[Start of Attachment]
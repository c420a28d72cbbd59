-- ===== src/Volume/Moved.antt =====
-- The bytes that the loops of volume_serialize.cpp move.
use aliyun_odps_sdk_cpp.Prelude.{
  ℕ, zero, suc, ◌+◌, ◌-◌, ◌≡◌, ◌≤◌, ◌<◌, refl, sym, ap, ◌∙◌, Bytes, List, [], ◌∷◌, ◌++◌,
  append_assoc, append-nil, length, take, drop, ltb, arith, Bool-cases, inl, inr,
}
use aliyun_odps_sdk_cpp.Result.{ok}
use aliyun_odps_sdk_cpp.Volume.{write_buffers, uint32_bytes, get_int, read_pieces}

pub take-drop : (n : ℕ) (xs : Bytes) → take n xs ++ drop n xs ≡ xs
take-drop zero xs = refl
take-drop (suc n) [] = refl
take-drop (suc n) (x ∷ xs) = ap (◌∷◌ x) (take-drop n xs)

pub length-drop : (n : ℕ) (xs : Bytes) → length (drop n xs) ≡ length xs - n
length-drop zero xs = omega arith
length-drop (suc n) [] = omega arith
length-drop (suc n) (x ∷ xs) = omega (arith, length-drop n xs)

pub length-take : (n : ℕ) (xs : Bytes) → n ≤ length xs → length (take n xs) ≡ n
length-take zero xs h = refl
length-take (suc n) [] h = absurd (omega (arith, h))
length-take (suc n) (x ∷ xs) h = ap suc (length-take n xs (omega (arith, h)))

pub take-all : (n : ℕ) (xs : Bytes) → length xs ≤ n → take n xs ≡ xs
take-all zero [] h = refl
take-all zero (x ∷ xs) h = absurd (omega (arith, h))
take-all (suc n) [] h = refl
take-all (suc n) (x ∷ xs) h = ap (◌∷◌ x) (take-all n xs (omega (arith, h)))

pub drop-all : (n : ℕ) (xs : Bytes) → length xs ≤ n → drop n xs ≡ []
drop-all zero [] h = refl
drop-all zero (x ∷ xs) h = absurd (omega (arith, h))
drop-all (suc n) [] h = refl
drop-all (suc n) (x ∷ xs) h = drop-all n xs (omega (arith, h))

pub take-append : (xs ys : Bytes) → take (length xs) (xs ++ ys) ≡ xs
take-append [] ys = refl
take-append (x ∷ xs) ys = ap (◌∷◌ x) (take-append xs ys)

pub drop-append : (xs ys : Bytes) → drop (length xs) (xs ++ ys) ≡ ys
drop-append [] ys = refl
drop-append (x ∷ xs) ys = drop-append xs ys

pub take-append_more :
    (n : ℕ) (xs ys : Bytes) → length xs ≤ n → take n (xs ++ ys) ≡ xs ++ take (n - length xs) ys
take-append_more n [] ys h = ap (λ k. take k ys) (omega arith)
take-append_more zero (x ∷ xs) ys h = absurd (omega (arith, h))
take-append_more (suc n) (x ∷ xs) ys h =
    ap (◌∷◌ x)
      (take-append_more n xs ys (omega (arith, h)) ∙ ap (λ k. xs ++ take k ys) (omega arith))

pub drop-append_more :
    (n : ℕ) (xs ys : Bytes) → length xs ≤ n → drop n (xs ++ ys) ≡ drop (n - length xs) ys
drop-append_more n [] ys h = ap (λ k. drop k ys) (omega arith)
drop-append_more zero (x ∷ xs) ys h = absurd (omega (arith, h))
drop-append_more (suc n) (x ∷ xs) ys h =
    drop-append_more n xs ys (omega (arith, h)) ∙ ap (λ k. drop k ys) (omega arith)

pub take-append_less : (n : ℕ) (xs ys : Bytes) → n ≤ length xs → take n (xs ++ ys) ≡ take n xs
take-append_less zero xs ys h = refl
take-append_less (suc n) [] ys h = absurd (omega (arith, h))
take-append_less (suc n) (x ∷ xs) ys h = ap (◌∷◌ x) (take-append_less n xs ys (omega (arith, h)))

pub drop-append_less : (n : ℕ) (xs ys : Bytes) → n ≤ length xs → drop n (xs ++ ys) ≡ drop n xs ++ ys
drop-append_less zero xs ys h = refl
drop-append_less (suc n) [] ys h = absurd (omega (arith, h))
drop-append_less (suc n) (x ∷ xs) ys h = drop-append_less n xs ys (omega (arith, h))

pub take-nil : (n : ℕ) → take {A = ℕ} n [] ≡ []
take-nil zero = refl
take-nil (suc n) = refl

pub drop-nil : (n : ℕ) → drop {A = ℕ} n [] ≡ []
drop-nil zero = refl
drop-nil (suc n) = refl

pub drop-drop : (n m : ℕ) (xs : Bytes) → drop m (drop n xs) ≡ drop (n + m) xs
drop-drop zero m xs = ap (λ k. drop k xs) (omega arith)
drop-drop (suc n) zero [] = sym (drop-nil (suc n + 0))
drop-drop (suc n) (suc m) [] = sym (drop-nil (suc n + suc m))
drop-drop (suc n) m (x ∷ xs) =
    let e : suc (n + m) ≡ suc n + m = omega arith in drop-drop n m xs ∙ ap (λ k. drop k (x ∷ xs)) e

-- All bytes of some pieces.
unfoldable pub flat : List Bytes → Bytes
flat [] = []
flat (p ∷ pieces) = p ++ flat pieces

pub flat-append : (ps qs : List Bytes) → flat (ps ++ qs) ≡ flat ps ++ flat qs
unfolding flat
flat-append [] qs = refl
flat-append (p ∷ ps) qs =
    ap (λ t. p ++ t) (flat-append ps qs) ∙ sym (append_assoc p (flat ps) (flat qs))

-- The room of some buffers.
unfoldable pub sum : List ℕ → ℕ
sum [] = 0
sum (n ∷ ns) = n + sum ns

abbrev IsRead : Bytes → ℕ → Bytes × List Bytes → Type 0
IsRead s size (buf, rest) = (buf ≡ take size s) × (flat rest ≡ drop size s)

pub read_pieces-IsRead :
    (pieces : List Bytes) (size : ℕ)
    → ((read_pieces pieces size).0 ≡ take size (flat pieces))
      × (flat (read_pieces pieces size).1 ≡ drop size (flat pieces))
unfolding read_pieces flat
read_pieces-IsRead [] zero = (refl, refl)
read_pieces-IsRead [] (suc size) = (refl, refl)
read_pieces-IsRead (p ∷ pieces) zero = (refl, refl)
read_pieces-IsRead (p ∷ pieces) (suc size) = elim (Bool-cases (ltb (suc size) (length p))) [
  | inl e ↦ rw e (
    sym (take-append_less (suc size) p (flat pieces) (ground (arith, e))),
    sym (drop-append_less (suc size) p (flat pieces) (ground (arith, e))),
  )
  | inr e ↦
      let (h, k) = read_pieces-IsRead pieces (suc size - length p) in
      rw e (
        ap (λ t. p ++ t) h ∙ sym (take-append_more (suc size) p (flat pieces) (ground (arith, e))),
        k ∙ sym (drop-append_more (suc size) p (flat pieces) (ground (arith, e))),
      )
]

-- With room enough the loop writes all bytes, and uses as much room.
pub write_buffers_lem :
    (offers : List ℕ) (written buf : Bytes)
    → length buf ≤ sum offers
    → (rest : List ℕ) × (write_buffers offers written buf
        ≡ ok record { written = written ++ buf; offers = rest })
      × (sum rest + length buf ≡ sum offers)
unfolding write_buffers sum
write_buffers_lem [] written [] h = ([], rw (append-nil written) refl, refl)
write_buffers_lem [] written (b ∷ bs) h = absurd (omega (arith, h))
write_buffers_lem (n ∷ offers) written [] h =
    (n ∷ offers, rw (append-nil written) refl, omega arith)
write_buffers_lem (n ∷ offers) written (b ∷ bs) h = elim (Bool-cases (ltb (length (b ∷ bs)) n)) [
  | inl e ↦ ((n - length (b ∷ bs)) ∷ offers, rw e refl, ground (arith, e))
  | inr e ↦
      let (rest, k, l) =
        write_buffers_lem offers (written ++ take n (b ∷ bs)) (drop n (b ∷ bs))
          (omega (arith, h, length-drop n (b ∷ bs))) in
      (
        rest,
        rw e (
            k
            ∙ ap (λ t. ok record { written = t; offers = rest })
                (append_assoc written (take n (b ∷ bs)) (drop n (b ∷ bs))
                  ∙ ap (λ t. written ++ t) (take-drop n (b ∷ bs)))),
        ground (arith, e, l, length-drop n (b ∷ bs)),
      )
]

pub get_int-uint32_bytes :
    (v : ℕ) (rest : Bytes) → v < 4_294_967_296 → get_int (uint32_bytes v ++ rest) ≡ v
unfolding get_int uint32_bytes
get_int-uint32_bytes v rest h = omega (arith, h)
[End of Attachment]
__Required work__. Whenever the word "List" appears in a line of the data above, that line counts. Say how many lines count, and nothing more.

__Result of this task__. 8